Employee productivity and how it is changing

Breaking the wall K2 Partners Business Blog

The standard definition of productivity for a business is “A measure of the efficiency of a person, machine, factory, system, etc., in converting inputs into useful outputs.”

It is usually calculated by dividing the output for defined periods by the total costs (capital, energy, material, personnel).

That has served well for businesses involved in manufacture of a defined product and, to an extent, for those in the service sector.

The productivity calculation is changing thanks to technology

While it was straightforward to assign a value to the inputs of labour when production relied on people doing the work the equation needs to be adjusted with the increasing use of automation for all or part of the manufacturing process.

While capital, energy and material may still have a quantifiable cost that can be measured the role of personnel changes significantly.

While, of course, efficiency and optimising output are still essential to maximising productivity, how does labour fit into the calculation, when human beings are no longer performing those repetitive tasks on the production line?

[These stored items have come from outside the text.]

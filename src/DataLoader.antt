-- ===== src/DataLoader.antt =====
-- packages/data-flow/src/data-loader: the handlers of changesets, and `DataLoader.applyChanges`.
pub mod Order
pub mod Atomic
pub mod Outcomes
pub mod Sample
mod Tests
use grants_stack_indexer_v.Prelude.{ℕ, String, Option, none, some, Bool, true, false, List, [], ◌∷◌}
use grants_stack_indexer_v.Effects.{
  Error, native_error, invalid_changeset, Outcome, ok, err, Action, ◌>>◌, pure, throw,
}
use grants_stack_indexer_v.Changesets.{
  Entities, ProjectChangeset, insert_project, update_project, insert_pending_project_role,
  delete_pending_project_roles, insert_project_role, delete_all_project_roles_by_role,
  delete_all_project_roles_by_role_and_address, RoundChangeset, insert_round, update_round,
  update_round_by_strategy_address, increment_round_funded_amount, increment_round_donation_stats,
  increment_round_total_distributed, insert_pending_round_role, delete_pending_round_roles,
  insert_round_role, delete_all_round_roles_by_role_and_address, ApplicationChangeset,
  insert_application, increment_application_donation_stats, update_application, DonationChangeset,
  insert_donation, insert_many_donations, Changeset, changeset_type, project_changeset,
  round_changeset, application_changeset, donation_changeset, insert_application_payout,
  insert_processed_event, insert_legacy_project, insert_attestation, other_changeset,
}
use grants_stack_indexer_v.Repositories.{
  Write, by_id, by_strategy, ProjectRepository, RoundRepository, ApplicationRepository,
  DonationRepository, Repositories, TransactionManager,
}

module _ {ℓ} {E : Entities} {S Tx : Type ℓ} where
  -- `createProjectHandlers`
  unfoldable pub project_handlers : ProjectRepository E S Tx → ProjectChangeset E → Write S Tx
  project_handlers r (insert_project project) tx = r.insert_project project tx
  project_handlers r (update_project chain_id project_id project) tx =
      r.update_project project_id chain_id project tx
  project_handlers r (insert_pending_project_role role) tx = r.insert_pending_project_role role tx
  project_handlers r (delete_pending_project_roles ids) tx =
      r.delete_many_pending_project_roles ids tx
  project_handlers r (insert_project_role role) tx = r.insert_project_role role tx
  project_handlers r (delete_all_project_roles_by_role chain_id project_id role) tx =
      r.delete_many_project_roles chain_id project_id role none tx
  project_handlers r (delete_all_project_roles_by_role_and_address chain_id project_id role address)
        tx =
      r.delete_many_project_roles chain_id project_id role (some address) tx

  -- `createRoundHandlers`
  unfoldable pub round_handlers : RoundRepository E S Tx → RoundChangeset E → Write S Tx
  round_handlers r (insert_round round) tx = r.insert_round round tx
  round_handlers r (update_round chain_id round_id round) tx =
      r.update_round (by_id round_id chain_id) round tx
  round_handlers r (update_round_by_strategy_address chain_id strategy_address none) tx = pure tt
  round_handlers r (update_round_by_strategy_address chain_id strategy_address (some round)) tx =
      r.update_round (by_strategy strategy_address chain_id) round tx
  round_handlers r (increment_round_funded_amount chain_id round_id amount amount_in_usd) tx =
      r.increment_round_funds chain_id round_id amount amount_in_usd tx
  round_handlers r (increment_round_donation_stats chain_id round_id amount_in_usd) tx =
      r.increment_round_donation_stats chain_id round_id amount_in_usd tx
  round_handlers r (increment_round_total_distributed chain_id round_id amount) tx =
      r.increment_round_total_distributed chain_id round_id amount tx
  round_handlers r (insert_pending_round_role role) tx = r.insert_pending_round_role role tx
  round_handlers r (delete_pending_round_roles ids) tx = r.delete_many_pending_round_roles ids tx
  round_handlers r (insert_round_role role) tx = r.insert_round_role role tx
  round_handlers r (delete_all_round_roles_by_role_and_address chain_id round_id role address) tx =
      r.delete_many_round_roles_by_role_and_address chain_id round_id role address tx

  -- `createApplicationHandlers`
  unfoldable pub application_handlers :
      ApplicationRepository E S Tx → ApplicationChangeset E → Write S Tx
  application_handlers r (insert_application application) tx = r.insert_application application tx
  application_handlers r (update_application chain_id round_id application_id application) tx =
      r.update_application application_id chain_id round_id application tx
  application_handlers r
        (increment_application_donation_stats chain_id round_id application_id amount_in_usd) tx =
      r.increment_application_donation_stats application_id chain_id round_id amount_in_usd tx

  -- `createDonationHandlers`
  unfoldable pub donation_handlers : DonationRepository E S Tx → DonationChangeset E → Write S Tx
  donation_handlers r (insert_donation donation) tx = r.insert_donation donation tx
  donation_handlers r (insert_many_donations donations) tx = r.insert_many_donations donations tx

  -- `this.handlers[changeset.type]` on the changeset; `none` where there is no such handler
  unfoldable pub handler : Repositories E S Tx → Changeset E → Option (Write S Tx)
  handler r (project_changeset c) = some (project_handlers r.project c)
  handler r (round_changeset c) = some (round_handlers r.round c)
  handler r (application_changeset c) = some (application_handlers r.application c)
  handler r (donation_changeset c) = some (donation_handlers r.donation c)
  handler r (insert_application_payout payout) = some (r.insert_application_payout payout)
  handler r (insert_processed_event chain_id event) =
      some (r.event_registry.save_last_processed_event chain_id event)
  handler r (insert_legacy_project project) = some (r.insert_legacy_project project)
  handler r (insert_attestation attestation transactions) =
      some (r.insert_attestation attestation transactions)
  handler r (other_changeset type) = none

  -- the types of the changesets that have no handler
  unfoldable pub invalid_types : Repositories E S Tx → List (Changeset E) → List String
  invalid_types r [] = []
  invalid_types r (changeset ∷ changesets) =
      let others = invalid_types r changesets in
      elim (handler r changeset) [ none ↦ changeset_type changeset ∷ others | some write ↦ others ]

  -- `await this.handlers[changeset.type](changeset, tx)`; a handler that is missing cannot be called
  unfoldable pub apply : Repositories E S Tx → Tx → Changeset E → Action S (Unit {0})
  apply r tx changeset = elim (handler r changeset) [
    | none ↦ throw (native_error "not a function")
    | some write ↦ write (some tx)
  ]

  -- the loop, which an error leaves
  unfoldable pub apply_in_order :
      Repositories E S Tx → List (Changeset E) → Tx → Action S (Unit {0})
  apply_in_order r [] tx s = (ok tt, s)
  apply_in_order r (changeset ∷ changesets) tx s =
      (apply r tx changeset >> apply_in_order r changesets tx) s

  unfoldable pub run_or_refuse :
      Repositories E S Tx
      → TransactionManager S Tx
      → List (Changeset E)
      → List String
      → Action S (Unit {0})
  run_or_refuse r manager changesets [] = manager.run_in_transaction (apply_in_order r changesets)
  run_or_refuse r manager changesets (type ∷ types) = throw (invalid_changeset (type ∷ types))

  unfoldable pub apply_changes :
      Repositories E S Tx → TransactionManager S Tx → List (Changeset E) → Action S (Unit {0})
  apply_changes r manager changesets =
      run_or_refuse r manager changesets (invalid_types r changesets)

The manufacturing model is changing where by the traditional manual role has largely been replaced by the management of equipment and systems.  This may involve programming equipment to set up the process, monitoring it while running and intervening only when something is wrong or in the event of a breakdown.

The new manufacturing roles require technical knowledge, materials management skills, quality control, administration and planning production. The blue collar worker is now a skilled and often highly trained engineer who no longer needs supervising by a traditional manager.

Even such basic jobs as road sweeping are no longer about a person with a sweeping brush and dustcart. They are now more likely to involve someone operating a mechanised sweeper, which may need more training and skill. Modern tractors and farm equipment take technology to a new level.

While automation can eliminate back-breaking labour and improve productivity in manufacturing, it still needs people with the training and knowledge to operate machines, maintain and fix them and to understand how to get the best performance out of them.

This may result in the need for fewer employees in a business, but with a higher level of skill and education and therefore higher levels of pay. A consequence is less need for middle management.

Therefore, when calculating business productivity where automation is playing a part, the costs of the various inputs, including personnel, and their relative importance will need to be rebalanced.